From School of Physiology & Pharmacology, University of Bristol, United Kingdom (E.O.A., M.T.J.v.d.B., E.B., C.M.W., I.H., A.W.P.; Department of Biochemistry, Cardiovascular Research Institute Maastricht (CARIM), University of Maastricht, The Netherlands (N.J.A.M., J.M.E.M.C., J.W.M.H.); and Welsh Blood Service and Arthur Bloom Haemophilia Centre, School of Medicine, Cardiff University, United Kingdom (P.W.C.).
Circulation. 2015 Oct 13;132(15):1414-24. doi: 10.1161/CIRCULATIONAHA.114.015036. Epub 2015 Sep 1.
Platelets are central to the process of hemostasis, rapidly aggregating at sites of blood vessel injury and acting as coagulation nidus sites.

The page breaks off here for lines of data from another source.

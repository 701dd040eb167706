-- ===== src/Sysfile/Slots.antt =====
-- The descriptors that fdalloc finds, and the closing of files with one handle.
use systems_programming_a.Prelude.{
  ℕ, zero, suc, ◌+◌, ◌-◌, ◌<◌, ◌≡◌, ◌≢◌, ◌⊎◌, ◌∙◌, refl, ap, arith, Option, some, none, false, List,
  [], ◌∷◌, ltb, ◌==◌, update, set, get_elem?, Bool-cases, Option-cases, inl, inr,
}
use systems_programming_a.Files.{
  File, Files, closing, fd_none, nfile, set_count, first_free, first_free_lem, allocate_file,
  file_close, fdalloc, handles_of, IsCounted,
}
use systems_programming_a.Sysfile.Defs.{Opening, Opened, refused, close_file, close_ends}

fdalloc_lem :
    (f fd d : ℕ) (l l' : List (Option ℕ))
    → fdalloc f fd l ≡ some (d, l')
    → (k : ℕ) × (d ≡ fd + k) × (get_elem? l k ≡ some none) × (l' ≡ set l k (some f))
unfolding fdalloc
fdalloc_lem f fd d [] l' e = cc
fdalloc_lem f fd d (none ∷ l) l' e =
    let a : (d ≡ fd) × (l' ≡ some f ∷ l) = ground arith in (0, omega (arith, a.0), refl, a.1)
fdalloc_lem f fd d (some g ∷ l) l' e = elim (Option-cases (fdalloc f (fd + 1) l)) [
  | inl n ↦ absurd (cc (rw n at e))
  | inr (r, h) ↦
      let a : (d ≡ r.0) × (l' ≡ some g ∷ r.1) = ground arith in
      let (k, x, y, z) = fdalloc_lem f (fd + 1) r.0 l r.1 h in
      (suc k, omega (arith, a.0, x), y, a.1 ∙ ap (λ m. some g ∷ m) z)
]

-- The descriptor is free, and the file is put there.
pub fdalloc-free :
    (f d : ℕ) (l l' : List (Option ℕ))
    → fdalloc f 0 l ≡ some (d, l')
    → (get_elem? l d ≡ some none) × (l' ≡ set l d (some f))
fdalloc-free f d l l' e =
    let (k, x, y, z) = fdalloc_lem f 0 d l l' e in let q : d ≡ k = omega (arith, x) in rw q (y, z)

-- Clearing a descriptor that was free gives the old list.
pub set-set :
    (l : List (Option ℕ)) (d : ℕ) (o : Option ℕ)
    → get_elem? l d ≡ some none
    → set (set l d o) d none ≡ l
set-set [] d o e = cc
set-set (x ∷ l) zero o e = ap (λ y. y ∷ l) (ground arith)
set-set (x ∷ l) (suc d) o e = ap (λ m. x ∷ m) (set-set l d o e)

-- allocateFileStructure takes a slot without references, or changes nothing.
pub allocate_file-cases :
    (t : Files)
    → (allocate_file t ≡ (t, none))
      ⊎ ((i : ℕ) × (allocate_file t ≡ (set_count t i 1, some i))
          × ((t i).reference_count ≡ 0)
          × (i < nfile))
unfolding allocate_file
allocate_file-cases t = elim (Option-cases (first_free nfile 0 t)) [
  | inl e ↦ inl (rw (allocate_file, e) refl)
  | inr (i, e) ↦
      let (z, l, u) = first_free_lem nfile 0 i t e in inr (i, rw (allocate_file, e) refl, z, u)
]

-- A slot without references.
abbrev pub emptied : File → File
emptied f = record f { reference_count = 0; file_type = fd_none }

pub close_file-last :
    {A : Type 0} (i : ℕ) (s : Opening) (k : Opening → Opened A)
    → (s.files i).reference_count ≡ 1
    → close_file i s k
      ≡ k (record s {
        files = update s.files i (emptied (s.files i));
        closed = closing (s.files i) ∷ s.closed;
      })
unfolding close_file file_close
close_file-last i s k e =
    let a : ltb (s.files i).reference_count 1 ≡ false = ground arith in
    let b : ltb 0 ((s.files i).reference_count - 1) ≡ false = ground arith in rw (a, b) refl

pub IsCounted-emptied :
    (t : Files) (hs' hs : List ℕ) (i : ℕ)
    → IsCounted t hs'
    → handles_of i hs ≡ 0
    → ((j : ℕ) → j ≢ i → handles_of j hs' ≡ handles_of j hs)
    → IsCounted (update t i (emptied (t i))) hs
IsCounted-emptied t hs' hs i h z e j = elim (Bool-cases (j == i)) [
  | inl q ↦ ground (arith, z)
  | inr q ↦ let n : j ≢ i = ground arith in ground (arith, h j, e j n)
]

-- The table after both files are closed.
abbrev pub emptied_both : Files → ℕ → ℕ → Files
emptied_both t f g = update (update t f (emptied (t f))) g (emptied (update t f (emptied (t f)) g))

pub close_ends-last :
    {A : Type 0} (f g : ℕ) (s : Opening) (hs : List ℕ)
    → f ≢ g
    → handles_of f hs ≡ 0
    → handles_of g hs ≡ 0
    → IsCounted s.files (g ∷ f ∷ hs)
    → (close_ends {A = A} f g s
        ≡ refused (record s {
          files = emptied_both s.files f g;
          closed = closing (s.files g) ∷ closing (s.files f) ∷ s.closed;
        }))
      × IsCounted (emptied_both s.files f g) hs
unfolding handles_of
close_ends-last {A} f g s hs n a b h =
    let cf : (s.files f).reference_count ≡ 1 = ground (arith, h f) in
    let cg : (s.files g).reference_count ≡ 1 = ground (arith, h g) in
    let u = update s.files f (emptied (s.files f)) in
    let same : u g ≡ s.files g = ground arith in
    let s1 : Opening = record s { files = u; closed = closing (s.files f) ∷ s.closed } in
    let cu : (u g).reference_count ≡ 1 = ap (λ x. x.reference_count) same ∙ cg in
    (
      close_file-last f s (λ s. close_file {A = A} g s refused) cf
          ∙ close_file-last g s1 refused cu
          ∙ ap
              (λ x. refused (record s {
                files = emptied_both s.files f g;
                closed = closing x ∷ closing (s.files f) ∷ s.closed;
              }))
              same,
      IsCounted-emptied u (g ∷ hs) hs g
          (IsCounted-emptied s.files (g ∷ f ∷ hs) (g ∷ hs) f h (ground arith) (λ j m. ground arith))
          b (λ j m. ground arith),
    )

On interaction with the subendothelial matrix, platelets are transformed into balloonlike structures as part of the hemostatic response. It remains unclear, however, how and why platelets generate these structures. We set out to determine the physiological relevance and cellular and molecular mechanisms underlying platelet membrane ballooning.
Using 4-dimensional live-cell imaging and electron microscopy, we show that human platelets adherent to collagen are transformed into phosphatidylserine-exposing balloonlike structures with expansive macro/microvesiculate contact surfaces, by a process that we termed procoagulant spreading. We reveal that ballooning is mechanistically and structurally distinct from membrane blebbing and involves disruption to the platelet microtubule cytoskeleton and inflation through fluid entry. Unlike blebbing, procoagulant ballooning is irreversible and a consequence of Na(+), Cl(-), and water entry. Furthermore, membrane ballooning correlated with microparticle generation. Inhibition of Na(+), Cl(-), or water entry impaired ballooning, procoagulant spreading, and microparticle generation, and it also diminished local thrombin generation. Human Scott syndrome platelets, which lack expression of Ano-6, also showed a marked reduction in membrane ballooning, consistent with a role for chloride entry in the process. Finally, the blockade of water entry by acetazolamide attenuated ballooning in vitro and markedly suppressed thrombus formation in vivo in a mouse model of thrombosis.
Ballooning and procoagulant spreading of platelets are driven by fluid entry into the cells, and are important for the amplification of localized coagulation in thrombosis.
血小板是止血过程的核心,在血管损伤部位迅速聚集,并作为凝血核心部位发挥作用。血小板与血管内皮基质相互作用后,会转化为气球样结构,这是止血反应的一部分。然而,血小板如何以及为何会产生这些结构仍不清楚。我们着手确定血小板膜气球样形成的生理相关性以及细胞和分子机制。
通过 4 维活细胞成像和电子显微镜,我们显示人血小板黏附于胶原蛋白后,通过我们称之为促凝扩散的过程,转化为暴露磷脂酰丝氨酸的气球样结构,具有扩张的巨/小微泡接触表面。我们揭示了气球样形成在机制和结构上与膜起泡不同,涉及血小板微管细胞骨架的破坏和通过流体进入而膨胀。与起泡不同,促凝扩散是不可逆的,是 Na(+)、Cl(-)和水进入的结果。此外,膜气球样形成与微粒生成相关。抑制 Na(+)、Cl(-)或水进入会损害气球样形成、促凝扩散和微粒生成,并减少局部凝血酶生成。缺乏 Ano-6 表达的人类 Scott 综合征血小板也表现出明显的膜气球样形成减少,表明氯离子内流在该过程中起作用。最后,通过乙酰唑胺阻断水进入,可在体外抑制气球样形成,并在体内血栓形成的小鼠模型中显著抑制血栓形成。
血小板的气球样形成和促凝扩散是由细胞内流体进入驱动的,对血栓形成中局部凝血的放大很重要。